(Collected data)
————————
-- ===== src/Engine/Limiter/Slots.antt =====
-- How many workers have a slot of a BMC.
use chamicore.Prelude.{
  ℕ, ◌+◌, ◌-◌, ◌≤◌, ◌<◌, ◌≡◌, refl, ap, ◌∙◌, subst, Bool, true, false, List, [], ◌∷◌, ◌++◌, Option,
  none, some, arith, count_if, count_if-middle, All, is_empty, if◌then◌else◌,
}
use chamicore.Prelude.Int.{pos_part}
use chamicore.Text.{Text, ◌=ₛ◌, =ₛ_iff, =ₛ_refl}
use chamicore.Text.Trim.{trim_space}
use chamicore.Dict.{Dict, lookup, insert, lookup-insert}
use chamicore.Engine.Config.{RuntimeConfig}
use chamicore.Engine.Limiter.{
  Caller, Limiters, put, or_make, wait_for, bmc_limiter, ask_limiter, with_held, LimiterStep, ask,
  admit, give_up, release, LimiterReach, here, next, no_limiters,
}

unfoldable pub uses : Text → Caller → Bool
uses bmc c = c.bmc =ₛ bmc

-- Every caller has the channel that the map has for its BMC.
abbrev IsListed : Dict ℕ → List Caller → Type 0
IsListed m callers = All (λ (c : Caller). lookup c.bmc m ≡ some c.limiter) callers

record IsKept (rc : RuntimeConfig) (l : Limiters) : Type 0 where
  waiting_listed : IsListed l.by_bmc l.waiting
  running_listed : IsListed l.by_bmc l.running
  apart : (b c : Text) (a : ℕ) → lookup b l.by_bmc ≡ some a → lookup c l.by_bmc ≡ some a → b ≡ c
  unknown : (b : Text) → lookup b l.by_bmc ≡ none → count_if (uses b) l.running ≡ 0
  allocated : (b : Text) (a : ℕ) → lookup b l.by_bmc ≡ some a → a < l.next
  sized :
      (b : Text) (a : ℕ)
      → lookup b l.by_bmc ≡ some a
      → (l.channel a).capacity ≡ pos_part rc.per_bmc_concurrency
  counted :
      (b : Text) (a : ℕ)
      → lookup b l.by_bmc ≡ some a
      → (l.channel a).held ≡ count_if (uses b) l.running
  within :
      (b : Text) (a : ℕ)
      → lookup b l.by_bmc ≡ some a
      → (l.channel a).held ≤ pos_part rc.per_bmc_concurrency

All-middle :
    (P : Caller → Type 0) (xs ys : List Caller) (c : Caller)
    → All P (xs ++ c ∷ ys)
    → P c × All P (xs ++ ys)
All-middle P [] ys c h = h
All-middle P (x ∷ xs) ys c (p, h) = let (q, rest) = All-middle P xs ys c h in (q, (p, rest))

insert-IsListed :
    (b : Text) (a : ℕ) (m : Dict ℕ) (cs : List Caller)
    → lookup b m ≡ none
    → IsListed m cs
    → IsListed (insert b a m) cs
insert-IsListed b a m [] new h = tt
insert-IsListed b a m (c ∷ cs) new (p, h) = (
  ground (arith, lookup-insert b c.bmc a m, =ₛ_iff b c.bmc, new, p),
  insert-IsListed b a m cs new h,
)

-- A new channel.
fresh-IsKept :
    (rc : RuntimeConfig) (l : Limiters) (bmc : Text)
    → lookup bmc l.by_bmc ≡ none
    → IsKept rc l
    → IsKept rc (record l {
      by_bmc = insert bmc l.next l.by_bmc;
      channel =
          put l.channel l.next (record { capacity = pos_part rc.per_bmc_concurrency; held = 0 });
      next = l.next + 1;
      waiting = (record { bmc = bmc; limiter = l.next }) ∷ l.waiting;
    })
fresh-IsKept rc l bmc new k = record {
  waiting_listed = (
    ground (arith, lookup-insert bmc bmc l.next l.by_bmc, =ₛ_refl bmc),
    insert-IsListed bmc l.next l.by_bmc l.waiting new k.waiting_listed,
  );
  running_listed = insert-IsListed bmc l.next l.by_bmc l.running new k.running_listed;
  apart = λ b c a e f. ground (
    arith,
    e,
    f,
    lookup-insert bmc b l.next l.by_bmc,
    lookup-insert bmc c l.next l.by_bmc,
    =ₛ_iff bmc b,
    =ₛ_iff bmc c,
    k.apart b c a,
    k.allocated b a,
    k.allocated c a,
  );
  unknown = λ b e. ground (arith, e, lookup-insert bmc b l.next l.by_bmc, k.unknown b);
  allocated = λ b a e. ground (arith, e, lookup-insert bmc b l.next l.by_bmc, k.allocated b a);
  sized =
      λ b a e. ground (arith, e, lookup-insert bmc b l.next l.by_bmc, k.allocated b a, k.sized b a);
  counted = λ b a e. ground (
    arith,
    e,
    lookup-insert bmc b l.next l.by_bmc,
    =ₛ_iff bmc b,
    k.allocated b a,
    k.counted b a,
    k.unknown b,
    new,
  );
  within = λ b a e.
      ground (arith, e, lookup-insert bmc b l.next l.by_bmc, k.allocated b a, k.within b a);
}

admit-IsKept :
    (rc : RuntimeConfig) (l : Limiters) (xs ys : List Caller) (c : Caller)
    → l.waiting ≡ xs ++ c ∷ ys
    → (l.channel c.limiter).held < (l.channel c.limiter).capacity
    → IsKept rc l
    → IsKept rc (record l {
      channel =
          put l.channel c.limiter
            (with_held (l.channel c.limiter) ((l.channel c.limiter).held + 1));
      waiting = xs ++ ys;
      running = c ∷ l.running;
    })
unfolding uses
admit-IsKept rc l xs ys c e room k =
    let (own, rest) =
      All-middle (λ (c : Caller). lookup c.bmc l.by_bmc ≡ some c.limiter) xs ys c
        (subst (IsListed l.by_bmc) e k.waiting_listed) in
    record {
      waiting_listed = rest;
      running_listed = (own, k.running_listed);
      apart = k.apart;
      unknown = λ b f. ground (arith, f, own, =ₛ_iff c.bmc b, k.unknown b);
      allocated = k.allocated;
      sized = λ b a f. ground (arith, f, k.sized b a);
      counted = λ b a f. ground (arith, f, own, =ₛ_iff c.bmc b, k.apart b c.bmc a, k.counted b a);
      within = λ b a f. ground (arith, f, room, k.sized b a, k.within b a);
    }

uses-middle :
    (b : Text) (all xs ys : List Caller) (c : Caller)
    → all ≡ xs ++ c ∷ ys
    → count_if (uses b) all ≡ (if c.bmc =ₛ b then 1 else 0) + count_if (uses b) (xs ++ ys)
unfolding uses
uses-middle b all xs ys c e = ap (count_if (uses b)) e ∙ count_if-middle (uses b) xs c ys

release-IsKept :
    (rc : RuntimeConfig) (l : Limiters) (xs ys : List Caller) (c : Caller)
    → l.running ≡ xs ++ c ∷ ys
    → 0 < (l.channel c.limiter).held
    → IsKept rc l
    → IsKept rc (record l {
      channel =
          put l.channel c.limiter
            (with_held (l.channel c.limiter) ((l.channel c.limiter).held - 1));
      running = xs ++ ys;
    })
release-IsKept rc l xs ys c e filled k =
    let (own, rest) =
      All-middle (λ (c : Caller). lookup c.bmc l.by_bmc ≡ some c.limiter) xs ys c
        (subst (IsListed l.by_bmc) e k.running_listed) in
    record {
      waiting_listed = k.waiting_listed;
      running_listed = rest;
      apart = k.apart;
      unknown = λ b f. ground (arith, f, uses-middle b l.running xs ys c e, k.unknown b);
      allocated = k.allocated;
      sized = λ b a f. ground (arith, f, k.sized b a);
      counted = λ b a f. ground (
        arith,
        f,
        own,
        filled,
        uses-middle b l.running xs ys c e,
        =ₛ_iff c.bmc b,
        k.apart b c.bmc a,
        k.counted b a,
      );
      within = λ b a f. ground (arith, f, k.within b a);
    }

made-IsKept :
    (rc : RuntimeConfig) (l : Limiters) (bmc : Text) (o : Option ℕ)
    → lookup bmc l.by_bmc ≡ o
    → IsKept rc l
    → IsKept rc (wait_for bmc (or_make rc bmc l o))
made-IsKept rc l bmc none e k = fresh-IsKept rc l bmc e k
made-IsKept rc l bmc (some a) e k = record {
  waiting_listed = (e, k.waiting_listed);
  running_listed = k.running_listed;
  apart = k.apart;
  unknown = k.unknown;
  allocated = k.allocated;
  sized = k.sized;
  counted = k.counted;
  within = k.within;
}

ask-IsKept :
    (rc : RuntimeConfig) (l : Limiters) (bmc : Text) (blank : Bool)
    → IsKept rc l
    → IsKept rc (if blank then l else wait_for bmc (bmc_limiter rc bmc l))
unfolding bmc_limiter
ask-IsKept rc l bmc true k = k
ask-IsKept rc l bmc false k = made-IsKept rc l bmc (lookup bmc l.by_bmc) refl k

LimiterStep-IsKept :
    {rc : RuntimeConfig} {l m : Limiters} → LimiterStep rc l m → IsKept rc l → IsKept rc m
unfolding ask_limiter
LimiterStep-IsKept {rc} {l} (ask bmc_id) k =
    ask-IsKept rc l (trim_space bmc_id) (is_empty (trim_space bmc_id)) k
LimiterStep-IsKept {rc} {l} (admit xs ys c e room) k = admit-IsKept rc l xs ys c e room k
LimiterStep-IsKept {l = l} (give_up xs ys c e) k = record {
  waiting_listed =
      (All-middle (λ (d : Caller). lookup d.bmc l.by_bmc ≡ some d.limiter) xs ys c
        (subst (IsListed l.by_bmc) e k.waiting_listed)).1;
  running_listed = k.running_listed;
  apart = k.apart;
  unknown = k.unknown;
  allocated = k.allocated;
  sized = k.sized;
  counted = k.counted;
  within = k.within;
}
LimiterStep-IsKept {rc} {l} (release xs ys c e filled) k = release-IsKept rc l xs ys c e filled k

no_limiters-IsKept : (rc : RuntimeConfig) → IsKept rc no_limiters
unfolding lookup
no_limiters-IsKept rc = record {
  waiting_listed = tt;
  running_listed = tt;
  apart = λ b c a e f. absurd (ground (arith, e));
  unknown = λ b e. refl;
  allocated = λ b a e. absurd (ground (arith, e));
  sized = λ b a e. absurd (ground (arith, e));
  counted = λ b a e. absurd (ground (arith, e));
  within = λ b a e. absurd (ground (arith, e));
}

LimiterReach-IsKept :
    {rc : RuntimeConfig} {l m : Limiters} → IsKept rc l → LimiterReach rc l m → IsKept rc m
LimiterReach-IsKept k here = k
LimiterReach-IsKept k (next r st) = LimiterStep-IsKept st (LimiterReach-IsKept k r)

-- The channel of a BMC, if there is one, holds one value for each worker that has a slot.
abbrev pub IsLimited : RuntimeConfig → Limiters → Text → Option ℕ → Type 0
IsLimited rc l bmc none = count_if (uses bmc) l.running ≡ 0
IsLimited rc l bmc (some a) =
    ((l.channel a).capacity ≡ pos_part rc.per_bmc_concurrency)
    × ((l.channel a).held ≡ count_if (uses bmc) l.running)
    × (count_if (uses bmc) l.running ≤ pos_part rc.per_bmc_concurrency)

kept-IsLimited :
    (rc : RuntimeConfig) (l : Limiters) (bmc : Text) (o : Option ℕ)
    → lookup bmc l.by_bmc ≡ o
    → IsKept rc l
    → IsLimited rc l bmc o
kept-IsLimited rc l bmc none e k = k.unknown bmc e
kept-IsLimited rc l bmc (some a) e k =
    (k.sized bmc a e, k.counted bmc a e, omega (arith, k.counted bmc a e, k.within bmc a e))

-- However the workers interleave, at any time at most the configured number of them have a slot of a
-- BMC. All of them go through the one channel of the BMC, which has that capacity and holds one value
-- for each of them, so that a send waits exactly while they are as many as that; a BMC without a
-- channel is used by none.
pub LimiterReach-IsLimited :
    {rc : RuntimeConfig} {l : Limiters}
    → LimiterReach rc no_limiters l
    → (bmc : Text) → IsLimited rc l bmc (lookup bmc l.by_bmc)
LimiterReach-IsLimited {rc} {l} r bmc =
    kept-IsLimited rc l bmc (lookup bmc l.by_bmc) refl
      (LimiterReach-IsKept (no_limiters-IsKept rc) r)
————————
### TASK STATEMENT
Write down again, exactly as given, only the lines above that fall from the line with "(k.sized bmc a" to the line with "-- BMC. All", inclusive.

### SOLVED EXERCISE
    (k.sized bmc a e, k.counted bmc a e, omega (arith, k.counted bmc a e, k.within bmc a e))

-- However the workers interleave, at any time at most the configured number of them have a slot of a
-- BMC. All of them go through the one channel of the BMC, which has that capacity and holds one value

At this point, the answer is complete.